The important thing is consistency on weigh-ins of the same type. So that 7-lb. surge also seemed to transfer to my morning weigh-ins. And so while my weigh-ins were 3-4 pounds less than at the clinic, it seemed like for most of the last 3 weeks I plateaued at the higher rate,  roughly 7-8 lbs. over the low. It looks like I'm finally whooshing back down, to maybe 1.5 lbs. over that low in an informal weigh-in after a hot drive home from Sam's Club on a flex day off.  So I'm hopeful I'll be back at the low next week.

Some new favorites at Sam's Club. I love these Lipton's gallon ice-tea bags. It's like I run a cycle in my 5-cup coffeemaker, and fill the rest of my gallon pitcher with a small handful of stevia to sweeten. I'll usually stock up on KerryGold butter and cheeses. I wanted to replenish my sliced gouda slices I put on my grass-fed burgers; I don't know if it's discontinued, but I decided on baby swiss as an alternative. (The sliced cheeses aren't grass-fed, but I'll often use grass-fed with my omelettes.) I haven't seen cheap blueberries this summer, but currently you can buy a 2 lb. carton for just over $4. And I bought my first carton of fresh raspberries in a while, not cheap but reasonable. I've added watermelon to this summer's fruits. I like the fresh cilantro salsa; a current breakfast favorite is a 2-egg omelette with cheese, pepper strips and mushrooms, folded into a lower-carb tortilla and topped with fresh salsa. Buying a $5 rotisserie chicken is a no-brainer, as are sub $2/lb boneless chicken breasts. I'll sometimes add a bag of quinoa chips, and I'll usually stock up on nuts (almonds, walnuts, and pistachio nuts, mixed nut jars).
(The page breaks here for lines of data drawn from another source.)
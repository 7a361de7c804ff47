-- ===== src/App/Supervisor/Handlers/Streaming.antt =====
-- `handle_streaming` of src/app/supervisor.cpp.
use spout_relay.Base.{
  ℕ, Bool, false, [], Option, none, some, ltb_ℤ, sub_ℕ, if◌then◌else◌, Outcome, done, ◌>>=◌,
}
use spout_relay.Common.Types.{
  stopping, recovering_device, probing, reconnecting_output, reconfiguring, stalled,
}
use spout_relay.Common.Time.{to_ms}
use spout_relay.Logging.Sink.{warn, log_event}
use spout_relay.Spout.Monitor.{is_device_removed}
use spout_relay.Capture.FramePump.{FramePump}
use spout_relay.App.Supervisor.State.{Platform, Supervisor, log, transition, poll_stop}
use spout_relay.App.Supervisor.EncodeThread.{Round, stop_encode_thread}
use spout_relay.App.Supervisor.Resources.{teardown_rtsp, teardown_streaming}

-- `last` is the round that the encode thread is in, should it be stopped.
pub record StreamingInputs : Type 0 where
  pub stop : Bool
  pub last : Option Round
  pub has_device : Bool
  pub device_removed : Bool
  pub now_alive : ℕ
  pub now_stall : ℕ

-- The last test: the source has not answered for longer than `frame_timeout_ms`.
unfoldable pub watch_source : StreamingInputs → Option FramePump → Supervisor → Supervisor
watch_source a none s = s
watch_source a (some p) s =
    if ltb_ℤ s.config.spout.frame_timeout_ms (sub_ℕ (to_ms a.now_alive) p.last_source_alive_ms)
    then transition stalled (record (log (log_event warn "source_disconnected_detected" []) s) {
      stall_timer = a.now_stall;
    })
    else s

unfoldable pub handle_streaming : Platform → StreamingInputs → Supervisor → Outcome Supervisor
handle_streaming pf a s =
    let s' = poll_stop a.stop s in
    if s'.shutdown_requested
    then (do
      t ← stop_encode_thread pf a.last s'
      u ← teardown_streaming pf none t
      done (transition stopping u))
    else if is_device_removed a.has_device a.device_removed s.spout_monitor
    then (do
      t ← stop_encode_thread pf a.last (record s' { encode_error_flag = false })
      done (transition recovering_device t))
    else if s.encode_error_flag
    then (do
      t ← stop_encode_thread pf a.last (record s' { encode_error_flag = false })
      u ← teardown_streaming pf none t
      done (transition probing u))
    else if s.rtsp_error_flag
    then (do
      t ← stop_encode_thread pf a.last (record s' { rtsp_error_flag = false })
      done (transition reconnecting_output (teardown_rtsp t)))
    else if s.resolution_changed_flag
    then (do
      t ← stop_encode_thread pf a.last (record s' { resolution_changed_flag = false })
      done (
          transition reconfiguring
            (record t { current_width = t.pending_width; current_height = t.pending_height })))
    else done (watch_source a s.frame_pump s')
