-- ===== src/App/Supervisor/Handlers/Stalled.antt =====
-- `handle_stalled` of src/app/supervisor.cpp.
use spout_relay.Base.{
  ℕ, suc, Bool, false, not, ◌&&◌, [], ◌∷◌, Option, none, some, pos, ◌*ℤ◌, ltb_ℤ, sub_ℕ,
  if◌then◌else◌, is_some, Outcome, done, ◌>>=◌,
}
use spout_relay.Common.Types.{
  stopping, recovering_device, probing, reconnecting_output, streaming, placeholder, idle,
}
use spout_relay.Common.Time.{to_ms, expired}
use spout_relay.Logging.Sink.{info, warn, num, log_event}
use spout_relay.Spout.Monitor.{is_device_removed, probe_sender}
use spout_relay.Spout.Monitor
use spout_relay.Capture.FramePump.{FramePump}
use spout_relay.App.Logic.{should_force_spout_recovery}
use spout_relay.App.Supervisor.State.{Platform, Supervisor, log, transition, poll_stop}
use spout_relay.App.Supervisor.EncodeThread.{Round, stop_encode_thread}
use spout_relay.App.Supervisor.Resources.{
  drop_pump, teardown_encoder, teardown_rtsp, teardown_streaming,
}
use spout_relay.App.Supervisor.Handlers.Placeholder.{rtsp_up}

-- `found_missing` and `found_prolonged` are the answers of the two probes.
pub record StalledInputs : Type 0 where
  pub stop : Bool
  pub last : Option Round
  pub has_device : Bool
  pub device_removed : Bool
  pub now_alive : ℕ
  pub now_missing : ℕ
  pub found_missing : Bool
  pub now_prolonged : ℕ
  pub found_prolonged : Bool

-- `elapsed < frame_timeout_ms`, where there is a pump.
unfoldable pub source_is_back : StalledInputs → Option FramePump → Supervisor → Bool
source_is_back a none s = false
source_is_back a (some p) s =
    ltb_ℤ (sub_ℕ (to_ms a.now_alive) p.last_source_alive_ms) s.config.spout.frame_timeout_ms

-- The pump and the receiver are given up; the session is left alone.
unfoldable pub drop_source : Supervisor → Supervisor
drop_source s =
    let s' = drop_pump s in record s' { spout_monitor = Monitor.disconnect s'.spout_monitor }

-- The session is handed to the placeholder, seamlessly if it is up.
unfoldable pub hand_to_placeholder : Supervisor → Supervisor
hand_to_placeholder s =
    let s' = drop_source s in
    transition placeholder (record s' {
      seamless_handoff = is_some s.encoder && rtsp_up s.rtsp_client;
      placeholder_cooldown_active = false;
    })

unfoldable pub sender_disappeared : Supervisor → Supervisor
sender_disappeared s =
    if s.config.placeholder.enabled
    then hand_to_placeholder s
    else transition idle (teardown_encoder (teardown_rtsp (drop_source s)))

-- The sender is alive: reconnect RTSP, or everything once that has failed too often.
unfoldable pub reconnect_or_force : Supervisor → Supervisor
reconnect_or_force s =
    let attempts = suc s.consecutive_stall_recoveries in
    let s' : Supervisor = record s { consecutive_stall_recoveries = attempts } in
    if should_force_spout_recovery (pos attempts) s.config.spout.stalled_recovery_max_attempts
    then transition probing (
        teardown_encoder (
          teardown_rtsp (
            drop_source
              (record (log
                (log_event warn "stalled_recovery_forced" (("attempts", num (pos attempts)) ∷ []))
                s') { consecutive_stall_recoveries = 0 }))))
    else transition reconnecting_output (teardown_rtsp s')

-- The stall has lasted for three reconnect delays, and the encode thread has been joined.
unfoldable pub prolonged_stall : StalledInputs → Supervisor → Supervisor
prolonged_stall a s =
    if s.config.placeholder.enabled && not (probe_sender a.found_prolonged s.spout_monitor)
    then hand_to_placeholder (log (log_event warn "sender_disappeared" []) s)
    else reconnect_or_force s

-- Behind the tests for errors: is the sender gone, has the stall lasted too long?
unfoldable pub stay_stalled : Platform → StalledInputs → Supervisor → Outcome Supervisor
stay_stalled pf a s =
    if expired a.now_missing s.stall_timer s.config.spout.sender_missing_timeout_ms
      && not (probe_sender a.found_missing s.spout_monitor)
    then (do
      t ← stop_encode_thread pf a.last (log (log_event warn "sender_disappeared" []) s)
      done (sender_disappeared t))
    else if expired a.now_prolonged s.stall_timer (s.config.rtsp.reconnect_delay_ms *ℤ pos 3)
    then (do t ← stop_encode_thread pf a.last s; done (prolonged_stall a t))
    else done s

unfoldable pub handle_stalled : Platform → StalledInputs → Supervisor → Outcome Supervisor
handle_stalled pf a s =
    let s' = poll_stop a.stop s in
    if s'.shutdown_requested
    then (do
      t ← stop_encode_thread pf a.last s'
      u ← teardown_streaming pf none t
      done (transition stopping u))
    else if is_device_removed a.has_device a.device_removed s.spout_monitor
    then (do
      t ← stop_encode_thread pf a.last (record s' { encode_error_flag = false })
      done (transition recovering_device t))
    else if source_is_back a s.frame_pump s
    then done (
        transition streaming (record (log (log_event info "stall_recovered" []) s') {
          consecutive_stall_recoveries = 0;
        }))
    else if s.encode_error_flag
    then (do
      t ← stop_encode_thread pf a.last (record s' { encode_error_flag = false })
      u ← teardown_streaming pf none t
      done (transition probing u))
    else if s.rtsp_error_flag
    then (do
      t ← stop_encode_thread pf a.last (record s' { rtsp_error_flag = false })
      done (transition reconnecting_output (teardown_rtsp t)))
    else stay_stalled pf a s'
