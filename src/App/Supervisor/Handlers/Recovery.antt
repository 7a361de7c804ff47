-- ===== src/App/Supervisor/Handlers/Recovery.antt =====
-- `handle_recovering_device`, `handle_reconfiguring`, `handle_reconnecting_output` and
-- `handle_stopping` of src/app/supervisor.cpp.
use spout_relay.Base.{
  ℕ, suc, Bool, not, [], Option, none, some, pos, ltb_ℤ, to_int, to_string, if◌then◌else◌, Outcome,
  done, ◌>>=◌, deref, null_frame_pump, null_encoder,
}
use Prim.Native.String.{◌++◌ as append}
use spout_relay.Common.Types.{stopping, fatal, probing, streaming, idle}
use spout_relay.Common.Time.{to_ms}
use spout_relay.Common.Backoff.{next_delay}
use spout_relay.Common.Backoff
use spout_relay.Logging.Sink.{
  info, warn, log_event, log_error, log_publish_started, log_reconnect, flush,
}
use spout_relay.Metrics.Store.{increment_device_lost_recoveries, increment_reconnect_attempts}
use spout_relay.Spout.Monitor.{reinit_device}
use spout_relay.Spout.Monitor
use spout_relay.Capture.FramePump
use spout_relay.Capture.FramePump.{FramePump}
use spout_relay.Encoder.Types.{Encoder, request_next_idr}
use spout_relay.App.StateMachine.{can_transition}
use spout_relay.App.Supervisor.State.{Platform, Supervisor, log, measure, transition, poll_stop}
use spout_relay.App.Supervisor.EncodeThread.{Round, start_encode_thread}
use spout_relay.App.Supervisor.Resources.{
  OutputAnswers, connect_rtsp, init_encoder_and_rtsp, teardown_encoder, teardown_rtsp,
  teardown_streaming,
}

pub record RecoveringInputs : Type 0 where
  pub stop : Bool
  pub last : Option Round
  pub reopened : Bool

unfoldable pub handle_recovering_device :
    Platform → RecoveringInputs → Supervisor → Outcome Supervisor
handle_recovering_device pf a s =
    let s' = poll_stop a.stop s in
    if s'.shutdown_requested
    then (do t ← teardown_streaming pf a.last s'; done (transition stopping t))
    else (do
      t ← teardown_streaming pf a.last (log (log_event warn "gpu_device_lost" []) s')
      let (reopened, error, m) = reinit_device a.reopened t.spout_monitor
      let u : Supervisor = record t { spout_monitor = m }
      if not reopened
          then done (transition fatal (log (log_error "SPOUT_REINIT_FAILED" error []) u))
          else done (
              transition probing (
                log (log_event info "gpu_device_reinit_ok" [])
                  (measure increment_device_lost_recoveries u))))

pub record ReconfiguringInputs : Type 0 where
  pub stop : Bool
  pub last : Option Round
  pub output : OutputAnswers
  pub now_pump : ℕ
  pub now_streaming : ℕ

-- `if (frame_pump_) frame_pump_->stop();`
unfoldable pub pause_pump : Option FramePump → Option FramePump
pause_pump none = none
pause_pump (some p) = some (FramePump.stop p)

-- The new encoder and session are up.
unfoldable pub resume_streaming : ReconfiguringInputs → Supervisor → Outcome Supervisor
resume_streaming a s = do
  p ← deref null_frame_pump s.frame_pump
  t ← start_encode_thread a.now_streaming (record s {
    last_source_width = s.current_width;
    last_source_height = s.current_height;
    frame_pump = some (FramePump.start a.now_pump s.config.spout.poll_interval_ms p);
    last_frame_time_ms = to_ms a.now_streaming;
  })
  done (
      transition streaming (
        log
          (log_publish_started s.config.rtsp.url (to_int s.current_width) (to_int s.current_height)
            s.config.encoder.fps)
          t))

unfoldable pub handle_reconfiguring :
    Platform → ReconfiguringInputs → Supervisor → Outcome Supervisor
handle_reconfiguring pf a s =
    let s' = poll_stop a.stop s in
    if s'.shutdown_requested
    then (do t ← teardown_streaming pf a.last s'; done (transition stopping t))
    else (let paused : Supervisor = record s' { frame_pump = pause_pump s'.frame_pump } in
        let torn = teardown_encoder (teardown_rtsp paused) in
        let (ready, _, t) =
          init_encoder_and_rtsp a.output torn.current_width torn.current_height torn in
        if not ready
        then done (
            transition probing (
              let u = teardown_encoder (teardown_rtsp t) in
              record u { spout_monitor = Monitor.disconnect u.spout_monitor }))
        else resume_streaming a t)

-- `stop_after` is a request that comes during the back-off sleep.
pub record ReconnectingInputs : Type 0 where
  pub stop : Bool
  pub last : Option Round
  pub stop_after : Bool
  pub output : OutputAnswers
  pub now_streaming : ℕ

-- The RTSP session is up again.
unfoldable pub reconnected : ReconnectingInputs → Encoder → Supervisor → Outcome Supervisor
reconnected a e s = do
  t ← start_encode_thread a.now_streaming (record s {
    rtsp_backoff = Backoff.reset s.config.rtsp.reconnect_delay_ms s.rtsp_backoff;
    reconnect_attempts = 0;
    last_frame_time_ms = to_ms a.now_streaming;
    encoder = some (request_next_idr e);
  })
  done (transition streaming t)

-- Behind the sleep.
unfoldable pub try_reconnect : Platform → ReconnectingInputs → Supervisor → Outcome Supervisor
try_reconnect pf a s =
    let s' = poll_stop a.stop_after s in
    if s'.shutdown_requested
    then (do t ← teardown_streaming pf none s'; done (transition stopping t))
    else (do
      e ← deref null_encoder s'.encoder
      let (connected, _, t) = connect_rtsp a.output e s'
      if not connected then done (teardown_rtsp t) else reconnected a e t)

unfoldable pub handle_reconnecting_output :
    Platform → ReconnectingInputs → Supervisor → Outcome Supervisor
handle_reconnecting_output pf a s =
    let s' = poll_stop a.stop s in
    if s'.shutdown_requested
    then (do t ← teardown_streaming pf a.last s'; done (transition stopping t))
    else (let attempts = suc s'.reconnect_attempts in
        let counted =
          measure increment_reconnect_attempts (record s' { reconnect_attempts = attempts }) in
        if ltb_ℤ s.config.rtsp.max_reconnect_attempts (pos attempts)
        then (do
          t ← teardown_streaming pf a.last (
              log
                (log_error "RTSP_TIMEOUT"
                  (append "Exceeded max reconnect attempts ("
                    (append (to_string s.config.rtsp.max_reconnect_attempts) ")"))
                  [])
                counted)
          done (transition fatal t))
        else (let (delay, backoff) =
              next_delay pf.float s.config.rtsp.reconnect_max_delay_ms
                s.config.rtsp.reconnect_backoff_multiplier counted.rtsp_backoff in
            try_reconnect pf a (
              log (log_reconnect (pos attempts) delay)
                (record counted { rtsp_backoff = backoff }))))

unfoldable pub handle_stopping : Platform → Option Round → Supervisor → Outcome Supervisor
handle_stopping pf last s = do
  t ← teardown_streaming pf last s
  let u = log flush (log (log_event info "stopped" []) t)
  done (if can_transition u.state_machine idle then transition idle u else u)
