-- ===== src/Encoder.antt =====
-- src/encoder: H.264 through FFmpeg, on the CPU or straight from the GPU texture.
pub mod Types
pub mod Init
pub mod Encode
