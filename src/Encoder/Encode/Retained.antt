-- ===== src/Encoder/Encode/Retained.antt =====
-- What `encode` of src/encoder/encoder_controller.cpp leaves held.
use spout_relay.Base.{Bool, true, Option, none, some, is_some, ◌≡◌, refl, sym, arith, ◌∙◌}
use spout_relay.Encoder.Types.{Encoder, IsReady}
use spout_relay.Encoder.Encode.{through_context}

-- The objects that `encode` works on stay.
pub record Retained (e e' : Encoder) : Type 0 where
  pub codec : e'.codec_ctx ≡ e.codec_ctx
  pub packet : e'.pkt ≡ e.pkt
  pub path : e'.gpu_path ≡ e.gpu_path
  pub frames : e'.hw_frames_ctx ≡ e.hw_frames_ctx
  pub scaler : e'.sws_ctx ≡ e.sws_ctx
  pub yuv : e'.yuv_frame ≡ e.yuv_frame
  pub config : e'.config ≡ e.config
  pub context : e'.d3d_ctx ≡ e.d3d_ctx
  pub calls : (e.gpu_path ≡ true → e.d3d_ctx ≡ true) → e'.null_call ≡ e.null_call
  pub hw_frame : is_some e.last_hw_frame ≡ true → is_some e'.last_hw_frame ≡ true

pub Retained-refl : {e : Encoder} → Retained e e
Retained-refl = record {
  codec = refl;
  packet = refl;
  path = refl;
  frames = refl;
  scaler = refl;
  yuv = refl;
  config = refl;
  context = refl;
  calls = λ h. refl;
  hw_frame = λ h. h;
}

pub Retained-trans : {e e' e'' : Encoder} → Retained e e' → Retained e' e'' → Retained e e''
Retained-trans g h = record {
  codec = h.codec ∙ g.codec;
  packet = h.packet ∙ g.packet;
  path = h.path ∙ g.path;
  frames = h.frames ∙ g.frames;
  scaler = h.scaler ∙ g.scaler;
  yuv = h.yuv ∙ g.yuv;
  config = h.config ∙ g.config;
  context = h.context ∙ g.context;
  calls = λ held. h.calls (λ gpu. g.context ∙ held (sym g.path ∙ gpu)) ∙ g.calls held;
  hw_frame = λ held. h.hw_frame (g.hw_frame held);
}

pub through_context-calls :
    (e : Encoder) → e.d3d_ctx ≡ true → (through_context e).null_call ≡ e.null_call
unfolding through_context
through_context-calls e h = ground (arith, h)

present : {o : Option Bool} → is_some o ≡ true → (b : Bool) × (o ≡ some b)
present {o = none} h = cc
present {o = some b} h = (b, refl)

is_present : {o : Option Bool} → (b : Bool) × (o ≡ some b) → is_some o ≡ true
is_present (b, e) = rw e refl

pub IsReady-after : {e e' : Encoder} → Retained e e' → IsReady e → IsReady e'
IsReady-after r h = record {
  open_codec = (h.open_codec.0, r.codec ∙ h.open_codec.1);
  packet = r.packet ∙ h.packet;
  gpu_objects = λ gpu.
      let g = h.gpu_objects (sym r.path ∙ gpu) in
      (r.frames ∙ g.0, present (r.hw_frame (is_present g.1)));
  gpu_context = λ gpu. r.context ∙ h.gpu_context (sym r.path ∙ gpu);
  no_null_call = r.calls h.gpu_context ∙ h.no_null_call;
  cpu_objects = λ cpu. let g = h.cpu_objects (sym r.path ∙ cpu) in (r.scaler ∙ g.0, r.yuv ∙ g.1);
}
Around last-year's low, I bought, via the Internet,  black and grey dress jeans at a daring 4-inch smaller waist size than my regular pants and jeans (along with smaller belt sizes. I was too demoralized to even open my purchase bag after the monster bounce. I recently tried on the black jeans--a bit snug, especially when I sit, but wearable. I probably want to lose another 5-10 lbs.

Even my mom noticed that my suit coat that I bought I think around 2003 looked big on me, at my uncle's funeral. So at least I'm making progress, but I need to drop another 20 lbs to get into the weight range I had during the 1980's and 1990's.